Exercise input section start

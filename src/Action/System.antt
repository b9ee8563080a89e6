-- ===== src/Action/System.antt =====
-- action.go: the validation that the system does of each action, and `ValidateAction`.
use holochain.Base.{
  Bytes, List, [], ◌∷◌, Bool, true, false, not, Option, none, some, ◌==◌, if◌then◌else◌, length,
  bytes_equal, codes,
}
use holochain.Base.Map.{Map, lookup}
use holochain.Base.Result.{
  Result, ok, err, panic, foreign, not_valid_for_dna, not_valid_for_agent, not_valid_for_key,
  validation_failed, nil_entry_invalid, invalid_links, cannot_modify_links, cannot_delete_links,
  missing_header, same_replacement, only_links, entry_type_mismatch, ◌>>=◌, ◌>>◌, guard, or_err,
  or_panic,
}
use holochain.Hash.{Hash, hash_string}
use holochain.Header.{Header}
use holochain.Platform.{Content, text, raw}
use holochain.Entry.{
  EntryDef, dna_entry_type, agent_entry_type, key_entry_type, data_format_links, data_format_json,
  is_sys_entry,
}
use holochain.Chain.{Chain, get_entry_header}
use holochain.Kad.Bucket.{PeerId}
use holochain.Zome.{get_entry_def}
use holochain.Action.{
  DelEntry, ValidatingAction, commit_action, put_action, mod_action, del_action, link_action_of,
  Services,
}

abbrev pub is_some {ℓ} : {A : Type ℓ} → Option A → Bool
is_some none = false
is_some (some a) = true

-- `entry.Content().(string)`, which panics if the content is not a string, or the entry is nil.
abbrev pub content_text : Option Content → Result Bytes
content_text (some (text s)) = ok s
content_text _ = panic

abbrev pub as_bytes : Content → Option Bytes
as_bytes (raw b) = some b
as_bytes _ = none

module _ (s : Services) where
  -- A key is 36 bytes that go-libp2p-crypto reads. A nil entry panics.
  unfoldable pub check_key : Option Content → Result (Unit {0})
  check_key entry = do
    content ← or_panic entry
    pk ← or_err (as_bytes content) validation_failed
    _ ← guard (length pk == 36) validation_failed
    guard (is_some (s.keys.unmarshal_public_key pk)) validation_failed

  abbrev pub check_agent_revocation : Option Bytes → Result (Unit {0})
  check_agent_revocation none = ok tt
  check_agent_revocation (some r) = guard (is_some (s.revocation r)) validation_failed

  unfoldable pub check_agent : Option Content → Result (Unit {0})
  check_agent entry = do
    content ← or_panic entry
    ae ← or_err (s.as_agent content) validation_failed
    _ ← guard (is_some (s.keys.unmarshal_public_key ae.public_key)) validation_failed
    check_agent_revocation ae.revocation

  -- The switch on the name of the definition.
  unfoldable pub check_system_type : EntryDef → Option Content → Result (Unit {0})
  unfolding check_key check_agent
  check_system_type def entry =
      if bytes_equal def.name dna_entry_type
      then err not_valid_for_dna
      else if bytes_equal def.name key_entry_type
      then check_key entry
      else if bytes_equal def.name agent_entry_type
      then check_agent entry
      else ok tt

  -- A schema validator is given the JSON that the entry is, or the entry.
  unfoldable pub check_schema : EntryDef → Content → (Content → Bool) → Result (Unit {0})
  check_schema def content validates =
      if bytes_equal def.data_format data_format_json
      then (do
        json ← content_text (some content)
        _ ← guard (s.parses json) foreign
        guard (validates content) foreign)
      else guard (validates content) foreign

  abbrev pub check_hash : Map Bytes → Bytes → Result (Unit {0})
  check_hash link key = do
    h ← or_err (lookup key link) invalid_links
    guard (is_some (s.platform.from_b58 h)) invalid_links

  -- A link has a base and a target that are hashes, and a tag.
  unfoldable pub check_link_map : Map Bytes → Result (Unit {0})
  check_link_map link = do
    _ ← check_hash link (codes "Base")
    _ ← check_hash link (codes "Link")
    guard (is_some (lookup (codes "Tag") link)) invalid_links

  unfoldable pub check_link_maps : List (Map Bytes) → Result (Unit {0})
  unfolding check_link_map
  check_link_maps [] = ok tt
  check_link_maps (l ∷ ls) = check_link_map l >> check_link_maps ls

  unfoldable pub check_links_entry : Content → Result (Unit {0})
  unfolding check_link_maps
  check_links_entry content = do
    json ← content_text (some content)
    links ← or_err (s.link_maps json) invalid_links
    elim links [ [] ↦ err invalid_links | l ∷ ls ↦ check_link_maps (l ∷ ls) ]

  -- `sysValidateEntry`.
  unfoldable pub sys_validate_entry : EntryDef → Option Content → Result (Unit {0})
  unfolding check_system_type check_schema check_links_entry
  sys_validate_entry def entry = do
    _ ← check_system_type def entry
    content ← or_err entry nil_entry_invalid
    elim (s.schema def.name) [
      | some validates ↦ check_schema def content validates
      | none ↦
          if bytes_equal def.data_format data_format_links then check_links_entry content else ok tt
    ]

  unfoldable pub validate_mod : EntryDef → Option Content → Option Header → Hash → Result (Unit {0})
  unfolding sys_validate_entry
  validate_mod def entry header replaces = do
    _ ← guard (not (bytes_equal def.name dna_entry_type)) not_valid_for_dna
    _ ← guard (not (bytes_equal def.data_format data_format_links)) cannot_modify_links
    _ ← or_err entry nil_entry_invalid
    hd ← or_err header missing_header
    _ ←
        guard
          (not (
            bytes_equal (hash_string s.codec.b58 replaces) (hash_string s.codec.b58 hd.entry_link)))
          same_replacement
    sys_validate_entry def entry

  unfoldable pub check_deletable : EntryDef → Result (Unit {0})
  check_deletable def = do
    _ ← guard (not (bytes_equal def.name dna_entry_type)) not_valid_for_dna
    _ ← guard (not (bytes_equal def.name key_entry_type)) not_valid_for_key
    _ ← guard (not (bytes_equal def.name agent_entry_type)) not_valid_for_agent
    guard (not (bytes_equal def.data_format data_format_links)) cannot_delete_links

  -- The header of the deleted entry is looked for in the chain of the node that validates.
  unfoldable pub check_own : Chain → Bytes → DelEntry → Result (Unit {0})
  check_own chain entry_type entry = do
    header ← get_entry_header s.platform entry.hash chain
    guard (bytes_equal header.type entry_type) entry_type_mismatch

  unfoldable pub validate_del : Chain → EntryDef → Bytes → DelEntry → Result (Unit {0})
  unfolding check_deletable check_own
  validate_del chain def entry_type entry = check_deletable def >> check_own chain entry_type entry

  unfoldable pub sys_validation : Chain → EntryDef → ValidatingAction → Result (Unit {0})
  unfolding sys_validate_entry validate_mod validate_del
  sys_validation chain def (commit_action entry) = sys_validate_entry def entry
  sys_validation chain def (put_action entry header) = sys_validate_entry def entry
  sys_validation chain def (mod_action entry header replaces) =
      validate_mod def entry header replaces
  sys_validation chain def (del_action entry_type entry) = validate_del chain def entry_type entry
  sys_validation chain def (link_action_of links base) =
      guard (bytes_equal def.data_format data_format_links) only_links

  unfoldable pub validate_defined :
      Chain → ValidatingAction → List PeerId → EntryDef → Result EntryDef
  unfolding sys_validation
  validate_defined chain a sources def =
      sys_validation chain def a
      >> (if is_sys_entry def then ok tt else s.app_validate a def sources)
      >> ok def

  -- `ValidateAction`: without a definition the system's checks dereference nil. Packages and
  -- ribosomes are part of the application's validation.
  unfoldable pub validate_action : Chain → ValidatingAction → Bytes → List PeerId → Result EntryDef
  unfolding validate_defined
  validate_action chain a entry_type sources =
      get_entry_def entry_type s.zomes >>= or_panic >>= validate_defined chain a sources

Exercise input section end
Exercise input section start

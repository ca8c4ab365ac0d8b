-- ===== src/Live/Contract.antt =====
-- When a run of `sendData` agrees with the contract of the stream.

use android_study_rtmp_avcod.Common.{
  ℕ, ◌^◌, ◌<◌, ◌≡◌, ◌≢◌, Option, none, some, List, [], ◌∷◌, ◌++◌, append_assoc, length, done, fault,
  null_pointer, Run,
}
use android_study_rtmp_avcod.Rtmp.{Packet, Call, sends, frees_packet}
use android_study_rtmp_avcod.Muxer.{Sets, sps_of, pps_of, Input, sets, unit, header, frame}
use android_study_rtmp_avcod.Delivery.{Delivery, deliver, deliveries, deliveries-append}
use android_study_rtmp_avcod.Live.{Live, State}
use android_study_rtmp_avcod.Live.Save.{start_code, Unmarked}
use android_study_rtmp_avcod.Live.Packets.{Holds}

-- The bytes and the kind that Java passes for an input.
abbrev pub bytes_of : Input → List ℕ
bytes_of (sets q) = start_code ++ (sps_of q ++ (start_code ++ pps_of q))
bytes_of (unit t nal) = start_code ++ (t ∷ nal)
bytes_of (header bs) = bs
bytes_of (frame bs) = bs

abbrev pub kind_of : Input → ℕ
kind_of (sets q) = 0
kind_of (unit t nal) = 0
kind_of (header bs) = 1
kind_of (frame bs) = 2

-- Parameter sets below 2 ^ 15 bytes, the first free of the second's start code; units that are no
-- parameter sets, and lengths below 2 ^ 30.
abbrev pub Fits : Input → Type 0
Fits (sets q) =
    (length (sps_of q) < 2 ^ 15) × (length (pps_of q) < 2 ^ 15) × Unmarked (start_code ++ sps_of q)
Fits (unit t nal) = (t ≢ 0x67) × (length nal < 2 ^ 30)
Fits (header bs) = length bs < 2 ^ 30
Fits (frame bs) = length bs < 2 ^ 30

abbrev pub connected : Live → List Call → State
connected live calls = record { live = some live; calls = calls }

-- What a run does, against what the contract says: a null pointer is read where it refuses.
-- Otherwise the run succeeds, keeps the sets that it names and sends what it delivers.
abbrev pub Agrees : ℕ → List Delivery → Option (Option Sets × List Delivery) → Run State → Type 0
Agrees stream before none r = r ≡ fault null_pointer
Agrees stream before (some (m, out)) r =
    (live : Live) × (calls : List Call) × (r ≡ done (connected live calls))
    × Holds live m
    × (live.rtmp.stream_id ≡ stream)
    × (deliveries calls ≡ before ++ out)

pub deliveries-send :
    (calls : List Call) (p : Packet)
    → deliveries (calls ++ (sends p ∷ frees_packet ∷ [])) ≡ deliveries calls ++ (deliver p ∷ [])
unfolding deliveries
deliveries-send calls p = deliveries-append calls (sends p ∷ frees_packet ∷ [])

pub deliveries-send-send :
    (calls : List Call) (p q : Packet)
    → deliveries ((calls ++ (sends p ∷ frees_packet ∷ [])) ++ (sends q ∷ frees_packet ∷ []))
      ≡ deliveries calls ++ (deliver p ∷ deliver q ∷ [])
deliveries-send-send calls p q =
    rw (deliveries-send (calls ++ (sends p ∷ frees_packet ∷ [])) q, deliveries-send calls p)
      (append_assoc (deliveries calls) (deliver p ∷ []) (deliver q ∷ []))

Exercise input section end

Whenever the word "PeerId" turns up in a line of the listing above, copy the line.

Written response:
use holochain.Kad.Bucket.{PeerId}
      Chain → ValidatingAction → List PeerId → EntryDef → Result EntryDef
  unfoldable pub validate_action : Chain → ValidatingAction → Bytes → List PeerId → Result EntryDef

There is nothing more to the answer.